Leben in Fülle – Warum Jesus der gute Hirte ist
Erinnerungen und Erfahrungen
Der Sprecher reflektiert über seine Erfahrungen seit 1984 und die Entwicklungen in der Gemeinde, während er schöne Erinnerungen mit den Anwesenden teilt. Er erkennt, dass viele Mitglieder mittlerweile ihre Kinder und Enkel mitgebracht haben und betont die Bedeutung des Gemeinschaftsgefühls.
Die Arbeit mit Menschen mit Einschränkungen
Der Sprecher berichtet von seiner Arbeit in der Schweiz über ein Jahrzehnt, wo er sich mit Familien, Kindern und Menschen mit Einschränkungen beschäftigte.
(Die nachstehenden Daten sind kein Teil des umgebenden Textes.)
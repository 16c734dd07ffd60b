-- ===== src/Backends/Memory/Window/Store.antt =====
-- The write of `incr` (django_smart_ratelimit/backends/memory.py), with the sliding window.
use django_smart_ratelimit.Prelude.{
  ℕ, suc, ◌+◌, ◌≤◌, ◌≡◌, refl, inl, inr, true, some, List, [], ◌∷◌, ◌++◌, arith, Text, text_key,
  nat_key, text_beq_iff, length, length-append, filter, filter-append, filter-filter, Option-cases,
  if◌then◌else◌,
}
use django_smart_ratelimit.Prelude.Dict
use django_smart_ratelimit.Prelude.Dict.{Dict}
use django_smart_ratelimit.Backends.Utils.{
  millis, Request, in_window, calculate_expiry, filter_sliding_window_requests,
}
use django_smart_ratelimit.Backends.Memory.{
  Counter, MemoryConfig, MemoryBackend, member, get_partition_id,
}
use django_smart_ratelimit.Backends.Memory.Counters.{entry, count_request, store_request}
use django_smart_ratelimit.Backends.Memory.Index.{
  keys_of, rest-update, key_partition-update, indexed-update,
}
use django_smart_ratelimit.Backends.Memory.Window.{requests_of, IsCounted}

-- The requests of a key as `incr` leaves them, and what a later window sees of them.
module _ (c : MemoryConfig) (period : ℕ) (s : MemoryBackend) (key : Text) (now : ℕ)
    (uid : Text) where
  abbrev counted_entry : Counter
  counted_entry = count_request true period now uid (entry s key period now)

  filter-entry :
      (t : ℕ)
      → filter (in_window period t) (entry s key period now).requests
        ≡ filter (in_window period t) (requests_of s key)
  unfolding entry
  filter-entry t = ground arith

  filter-counted_entry :
      (t : ℕ)
      → now ≤ t
      → filter (in_window period t) counted_entry.requests
        ≡ filter (in_window period t) (requests_of s key)
          ++ filter (in_window period t) ((now, uid) ∷ [])
  unfolding count_request filter_sliding_window_requests
  filter-counted_entry t later =
      let old = (entry s key period now).requests in
      ground (
        arith,
        filter-append (in_window period t) (filter (in_window period now) old) ((now, uid) ∷ []),
        filter-filter (in_window period now) (in_window period t) (λ r h. ground arith) old,
        filter-entry t,
      )

  counters-store_request :
      c.sliding_window ≡ true
      → (k : Text)
      → Dict.get (store_request c s now key period uid).0.counters k
        ≡ (if text_key.same key k then some counted_entry else Dict.get s.counters k)
  unfolding store_request
  counters-store_request sliding k =
      let touched = Dict.move_to_end s.counters key in
      rw (sliding) ground (
        arith,
        (rest-update c (record s { counters = Dict.put touched key counted_entry }) key
            counted_entry.expiry_time).0,
        Dict.get-put touched key k counted_entry,
        Dict.get-move_to_end s.counters key k,
      )

  rest-store_request :
      ((store_request c s now key period uid).0.token_buckets ≡ s.token_buckets)
      × ((store_request c s now key period uid).0.storage ≡ s.storage)
  unfolding store_request
  rest-store_request =
      let e = count_request c.sliding_window period now uid (entry s key period now) in
      let s' : MemoryBackend = record s {
        counters = Dict.put (Dict.move_to_end s.counters key) key e;
      } in
      let kept = rest-update c s' key e.expiry_time in (kept.1, kept.2)

  pub length-store_request-le :
      length (store_request c s now key period uid).0.counters ≤ suc (length s.counters)
  unfolding store_request
  length-store_request-le =
      let e = count_request c.sliding_window period now uid (entry s key period now) in
      let touched = Dict.move_to_end s.counters key in
      let s' : MemoryBackend = record s { counters = Dict.put touched key e } in
      rw ((rest-update c s' key e.expiry_time).0) omega
        (arith, Dict.length-put-le touched key e, Dict.length-move_to_end-le s.counters key)

  key_partition-store_request :
      c.sliding_window ≡ true
      → (k : Text)
      → Dict.get (store_request c s now key period uid).0.key_partition k ≡ (
          if text_key.same key k
          then some (get_partition_id c counted_entry.expiry_time)
          else Dict.get s.key_partition k)
  unfolding store_request
  key_partition-store_request sliding k =
      let touched = Dict.move_to_end s.counters key in
      ground (
        arith,
        key_partition-update c (record s { counters = Dict.put touched key counted_entry }) key
            counted_entry.expiry_time k,
      )

  indexed-store_request :
      ((p : ℕ) (k : Text)
        → member k (keys_of s.partitions p) ≡ true
        → Dict.get s.key_partition k ≡ some p)
      → (p : ℕ) (k : Text)
      → member k (keys_of (store_request c s now key period uid).0.partitions p) ≡ true
      → Dict.get (store_request c s now key period uid).0.key_partition k ≡ some p
  unfolding store_request
  indexed-store_request =
      let e = count_request c.sliding_window period now uid (entry s key period now) in
      let s' : MemoryBackend = record s {
        counters = Dict.put (Dict.move_to_end s.counters key) key e;
      } in
      indexed-update c s' key e.expiry_time

  expiry-counted_entry : counted_entry.expiry_time ≡ now + millis period
  unfolding count_request calculate_expiry
  expiry-counted_entry = refl

  -- Counting a request keeps the invariant, with the request sent.
  pub store-IsCounted :
      (sent : Text → List Request) (before : ℕ)
      → before ≤ now
      → c.sliding_window ≡ true
      → IsCounted c period sent before s
      → IsCounted c period
          (λ k. if text_key.same key k then sent k ++ (now, uid) ∷ [] else sent k)
          now
          (store_request c s now key period uid).0
  store-IsCounted sent before le sliding h = record {
    indexed = indexed-store_request h.indexed;
    partition_of = λ p k e at is. ground (
      arith,
      key_partition-store_request sliding k,
      counters-store_request sliding k,
      h.partition_of p k e,
    );
    window_end = λ k e t is late. elim (Option-cases (Dict.get s.counters k)) [
      | inl absent ↦ ground (
        arith,
        counters-store_request sliding k,
        text_beq_iff key k,
        expiry-counted_entry,
        filter-counted_entry t,
      )
      | inr (old, present) ↦ ground (
        arith,
        counters-store_request sliding k,
        text_beq_iff key k,
        expiry-counted_entry,
        filter-counted_entry t,
        h.expiry_le k old present,
        h.window_end k old t present,
        h.window_end k e t,
      )
    ];
    expiry_le = λ k e is.
        ground (arith, expiry-counted_entry, counters-store_request sliding k, h.expiry_le k e);
    counted = λ k t later. ground (
      arith,
      counters-store_request sliding k,
      text_beq_iff key k,
      filter-counted_entry t later,
      h.counted k t,
      filter-append (in_window period t) (sent k) ((now, uid) ∷ []),
    );
    no_buckets = rw (rest-store_request.0) h.no_buckets;
    no_items = rw (rest-store_request.1) h.no_items;
  }

  pub result-store_request :
      c.sliding_window ≡ true
      → (store_request c s now key period uid).1
        ≡ suc (length (filter (in_window period now) (requests_of s key)))
  unfolding store_request count_request filter_sliding_window_requests
  result-store_request sliding =
      let old = filter (in_window period now) (entry s key period now).requests in
      ground (arith, filter-entry now, length-append old ((now, uid) ∷ []))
Er betont die Notwendigkeit, diese Menschen in der Gemeinde sichtbarer zu machen und ihnen einen Platz zu geben.
Die Frage nach dem Lebenssinn
Er führt die Frage ein, wozu wir auf der Welt sind, und zitiert Jesus, der in Johannes 10, Vers 10 sagt, dass er gekommen ist, damit wir das Leben in Fülle haben. Er ermutigt die Zuhörer, sich selbst zu fragen, was sie im Leben anstreben und worin ihr Lebenssinn liegt.
Jesus als der gute Hirte
Jesus wird als der gute Hirte dargestellt, der sein Leben für die Schafe gibt. Der Sprecher erklärt, dass Jesus uns durch seine Liebe und sein Opfer ein erfülltes Leben schenken möchte. Er ermutigt die Zuhörer, diese Beziehung zu Jesus zu reflektieren.
Die Rolle der Gemeinde
Er thematisiert die Herausforderungen innerhalb der Gemeinde und die Wichtigkeit, wie wir miteinander umgehen. Es wird deutlich, dass die Gemeinschaft nicht nur aus Ritualen besteht, sondern auch aus der Sorge füreinander und der Wahrnehmung der Bedürfnisse jedes Einzelnen.
Einladung zur Reflexion
Der Sprecher fordert die Zuhörer auf, sich zu überlegen, wie sie ihre Beziehung zu Jesus und zur Gemeinde wahrnehmen und was sie selbst tun können, um diese Beziehung zu stärken. Die Kinder werden eingeladen, aktiv teilzunehmen und eine Geschichte zu hören, die die Predigt ergänzt.
Abschluss und Gebet
Die Predigt endet mit einem Gebet, in dem die Zuhörer ermutigt werden, die Liebe Gottes weiterzugeben und anderen von ihrer Beziehung zu Jesus zu erzählen.